To find the suggested articles, the authors can use this source: https://www.doi.org/

-Thank you very much for suggesting us to add these articles from prospective studies. We have now referred to the first two articles (Hyland et al, Gori & Topino number 5-6).

  • Materials and methods: what was the response rate of those who expressed interest in participating in the study?

-The response rate was 31% as we have stated in the result section. “Of the 528 patients who received invitations and links to participate in the study, 164 responded (31%).”

 

  • Statistical analysis section: which statistical software was used to perform the analyzes?

-We have added the following  sentence under statistics.

We used SPSS version 27 for our data analyses.”

 

  • In the "discussion" section, the arguments relating to the absence of significant relationships with positive social support or adaptive coping strategies should be expanded. In fact, although these elements are highlighted in the literature as protective factors for mental health (e.g., DOI: 10.1192/bjp.bp.115.169094), the restrictions of the pandemic situation must also be taken into account, which for example make it difficult to obtain the desired social support (e.g., DOI: 10.1111/1468-5973.12380).

 

-Thanks for your suggestion, We have expanded and referred to the suggested articles.

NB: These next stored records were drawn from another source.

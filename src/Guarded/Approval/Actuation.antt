-- ===== src/Guarded/Approval/Actuation.antt =====
-- The gate on an actuation: what `check_actuation_approved` has seen when it opens.
use mathlib.Core.List.{Memᴰ}
use gpuopt.Base.{
  Bool, true, false, ◌≡◌, refl, List, [], ◌∷◌, all, not, ◌||◌, subst, filter, arith, ◌==◌,
  string_eq, eq_iff, leb, if◌then◌else◌, sym,
}
use gpuopt.Base.Dict.{values}
use gpuopt.Guarded.Approval.{
  Uuid, approved, is_approved, ApprovalRecord, Approvals, latest_from, list_approvals_for_actuation,
  check_actuation_approved, ApprovalStatus, pending, rejected, cancelled,
}

abbrev no_newer : ApprovalRecord → ApprovalRecord → Bool
no_newer best q = leb q.created_at best.created_at

-- `best` is among the records, and none is newer.
record IsLatest (best : ApprovalRecord) (rs : List ApprovalRecord) : Type 0 where
  member : Memᴰ best rs
  newest : all (no_newer best) rs ≡ true

IsLatest-choice :
    (best r : ApprovalRecord) (rs : List ApprovalRecord) (b : Bool)
    → leb r.created_at best.created_at ≡ b
    → IsLatest (latest_from (if b then best else r) rs) ((if b then best else r) ∷ rs)
    → IsLatest (latest_from (if b then best else r) rs) (best ∷ r ∷ rs)
IsLatest-choice best r rs true e l = record {
  member = skip l.member;
  newest = ground (arith, l.newest);
}
  where
    skip : {x : ApprovalRecord} → Memᴰ x (best ∷ rs) → Memᴰ x (best ∷ r ∷ rs)
    skip (Memᴰ.head h) = Memᴰ.head h
    skip (Memᴰ.tail m) = Memᴰ.tail (Memᴰ.tail m)
IsLatest-choice best r rs false e l = record {
  member = Memᴰ.tail l.member;
  newest = ground (arith, l.newest);
}

latest_from-IsLatest :
    (rs : List ApprovalRecord) (best : ApprovalRecord) → IsLatest (latest_from best rs) (best ∷ rs)
unfolding latest_from
latest_from-IsLatest [] best = record { member = Memᴰ.head refl; newest = ground arith }
latest_from-IsLatest (r ∷ rs) best =
    IsLatest-choice best r rs (leb r.created_at best.created_at) refl
      (latest_from-IsLatest rs (if leb r.created_at best.created_at then best else r))

module _ (p : ApprovalRecord → Bool) where
  mem_if :
      (b : Bool) {x : ApprovalRecord} (y : ApprovalRecord) (kept xs : List ApprovalRecord)
      → p y ≡ b
      → (Memᴰ x kept → Memᴰ x xs × (p x ≡ true))
      → Memᴰ x (if b then y ∷ kept else kept)
      → Memᴰ x (y ∷ xs) × (p x ≡ true)
  mem_if true y kept xs e later (Memᴰ.head h) = (Memᴰ.head h, subst (λ z. p z ≡ true) (sym h) e)
  mem_if true y kept xs e later (Memᴰ.tail m) = let (i, px) = later m in (Memᴰ.tail i, px)
  mem_if false y kept xs e later m = let (i, px) = later m in (Memᴰ.tail i, px)

  mem-filter_parts :
      (xs : List ApprovalRecord) {x : ApprovalRecord}
      → Memᴰ x (filter p xs)
      → Memᴰ x xs × (p x ≡ true)
  mem-filter_parts [] m = elim m [ ]
  mem-filter_parts (y ∷ xs) m = mem_if (p y) y (filter p xs) xs refl (λ k. mem-filter_parts xs k) m

  all-filter :
      (q : ApprovalRecord → Bool) (xs : List ApprovalRecord)
      → all q (filter p xs) ≡ true
      → all (λ x. not (p x) || q x) xs ≡ true
  all-filter q [] h = refl
  all-filter q (y ∷ xs) h = ground (arith, all-filter q xs)

abbrev is_for : Uuid → ApprovalRecord → Bool
is_for actuation r = r.actuation_id == actuation

-- What the gate has seen when it lets an actuation pass.
pub record Evidence (actuation : Uuid) (db : Approvals) : Type 0 where
  pub record_seen : ApprovalRecord
  pub stored : Memᴰ record_seen (values db)
  pub for_actuation : record_seen.actuation_id ≡ actuation
  pub is_approval : record_seen.status ≡ approved
  pub newest : all (λ q. not (is_for actuation q) || no_newer record_seen q) (values db) ≡ true

approved_status : (st : ApprovalStatus) → is_approved st ≡ true → st ≡ approved
approved_status approved h = refl
approved_status pending h = cc
approved_status rejected h = cc
approved_status cancelled h = cc

Evidence-of :
    (actuation : Uuid) (db : Approvals) (r : ApprovalRecord) (rest : List ApprovalRecord)
    → list_approvals_for_actuation actuation db ≡ r ∷ rest
    → is_approved (latest_from r rest).status ≡ true
    → Evidence actuation db
unfolding list_approvals_for_actuation
Evidence-of actuation db r rest e h =
    let l = latest_from-IsLatest rest r in
    let (stored, named) =
      mem-filter_parts (is_for actuation) (values db)
        (subst (λ l'. Memᴰ (latest_from r rest) l') (sym e) l.member) in
    record {
      record_seen = latest_from r rest;
      stored = stored;
      for_actuation = (eq_iff (latest_from r rest).actuation_id actuation).0 named;
      is_approval = approved_status (latest_from r rest).status h;
      newest =
          all-filter (is_for actuation) (no_newer (latest_from r rest)) (values db)
            (subst (λ l'. all (no_newer (latest_from r rest)) l' ≡ true) (sym e) l.newest);
    }

-- An actuation passes the gate only if the table holds an approved record for it, and no record
-- for it is newer than that one.
pub check_actuation_approved_sound :
    (actuation : Uuid) (db : Approvals)
    → check_actuation_approved actuation db ≡ true
    → Evidence actuation db
unfolding check_actuation_approved
check_actuation_approved_sound actuation db h =
    go (list_approvals_for_actuation actuation db) refl h
  where
    go :
        (l : List ApprovalRecord)
        → list_approvals_for_actuation actuation db ≡ l
        → (elim l [ [] ↦ false | r ∷ rest ↦ is_approved (latest_from r rest).status ]) ≡ true
        → Evidence actuation db
    go [] e h = cc
    go (r ∷ rest) e h = Evidence-of actuation db r rest e h
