-- ===== src/Guarded/Approval/Steps.antt =====
-- The lists of steps: what marking one step does to them.
use gpuopt.Base.{
  ℕ, ◌+◌, String, Bool, true, false, ◌&&◌, ◌||◌, not, ◌≡◌, refl, ap, some, List, [], ◌∷◌, any, all,
  arith, string_eq,
}
use gpuopt.Guarded.Approval.{
  ApprovalStatus, approved, rejected, is_pending, is_approved, is_rejected, ApprovalStep, mark_step,
  number_steps, initial_steps, effective_approvers,
}

abbrev pub step_pending : ApprovalStep → Bool
step_pending s = is_pending s.status

abbrev pub step_approved : ApprovalStep → Bool
step_approved s = is_approved s.status

abbrev pub step_rejected : ApprovalStep → Bool
step_rejected s = is_rejected s.status

-- A step that does not stand in the way: pending or approved.
abbrev pub step_open : ApprovalStep → Bool
step_open s = step_pending s || step_approved s

abbrev pub approvers : List ApprovalStep → List String
approvers [] = []
approvers (s ∷ rest) = s.approver ∷ approvers rest

module _ (who : String) (now : ℕ) (why : String) where
  pub mark_step-approvers :
      (verdict : ApprovalStatus) (steps : List ApprovalStep) {marked : List ApprovalStep}
      → mark_step verdict who now why steps ≡ some marked
      → approvers marked ≡ approvers steps
  unfolding mark_step
  mark_step-approvers verdict [] h = cc
  mark_step-approvers verdict (s ∷ rest) h = grind (arith, mark_step-approvers verdict rest)

  pub mark_step-all_open :
      (steps : List ApprovalStep) {marked : List ApprovalStep}
      → mark_step approved who now why steps ≡ some marked
      → all step_open steps ≡ true
      → all step_open marked ≡ true
  unfolding mark_step
  mark_step-all_open [] h o = cc
  mark_step-all_open (s ∷ rest) h o = grind (arith, mark_step-all_open rest)

  pub mark_step-any_rejected :
      (steps : List ApprovalStep) {marked : List ApprovalStep}
      → mark_step rejected who now why steps ≡ some marked
      → any step_rejected marked ≡ true
  unfolding mark_step
  mark_step-any_rejected [] h = cc
  mark_step-any_rejected (s ∷ rest) h = grind (arith, mark_step-any_rejected rest)

-- No step is rejected where all are pending or approved.
pub all_open_none_rejected :
    (steps : List ApprovalStep) → all step_open steps ≡ true → any step_rejected steps ≡ false
all_open_none_rejected [] h = refl
all_open_none_rejected (s ∷ rest) h = ground (arith, all_open_none_rejected rest)

-- Where all are pending or approved, either one is pending or all are approved.
pub all_open_undecided :
    (steps : List ApprovalStep)
    → all step_open steps ≡ true
    → (all (λ s. not (step_pending s)) steps && all step_approved steps) ≡ false
    → any step_pending steps ≡ true
all_open_undecided [] h u = cc
all_open_undecided (s ∷ rest) h u = ground (arith, all_open_undecided rest)

number_steps-approvers : (i : ℕ) (who : List String) → approvers (number_steps i who) ≡ who
unfolding number_steps
number_steps-approvers i [] = refl
number_steps-approvers i (w ∷ rest) = ap (λ l. w ∷ l) (number_steps-approvers (i + 1) rest)

number_steps-all_open : (i : ℕ) (who : List String) → all step_open (number_steps i who) ≡ true
unfolding number_steps
number_steps-all_open i [] = refl
number_steps-all_open i (w ∷ rest) = number_steps-all_open (i + 1) rest

pub initial_steps-approvers :
    (who : List String) → approvers (initial_steps who) ≡ effective_approvers who
unfolding initial_steps
initial_steps-approvers [] = refl
initial_steps-approvers (w ∷ rest) = number_steps-approvers 0 (w ∷ rest)

pub initial_steps_open :
    (who : List String)
    → (all step_open (initial_steps who) ≡ true) × (any step_pending (initial_steps who) ≡ true)
unfolding initial_steps
initial_steps_open [] = (refl, refl)
initial_steps_open (w ∷ rest) = (number_steps-all_open 0 (w ∷ rest), refl)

In general, I really enjoyed this paper, which seems to be well structured, interesting, and pleasant to read. In my opinion, after the authors make small changes, it will be ready to be published.

Thank you very much for your encouraging remarks.

Round 2

Reviewer 2 Report

The study was always good, but this further information moves it from the interesting, to the academic data set of relavant. Thanks and well done.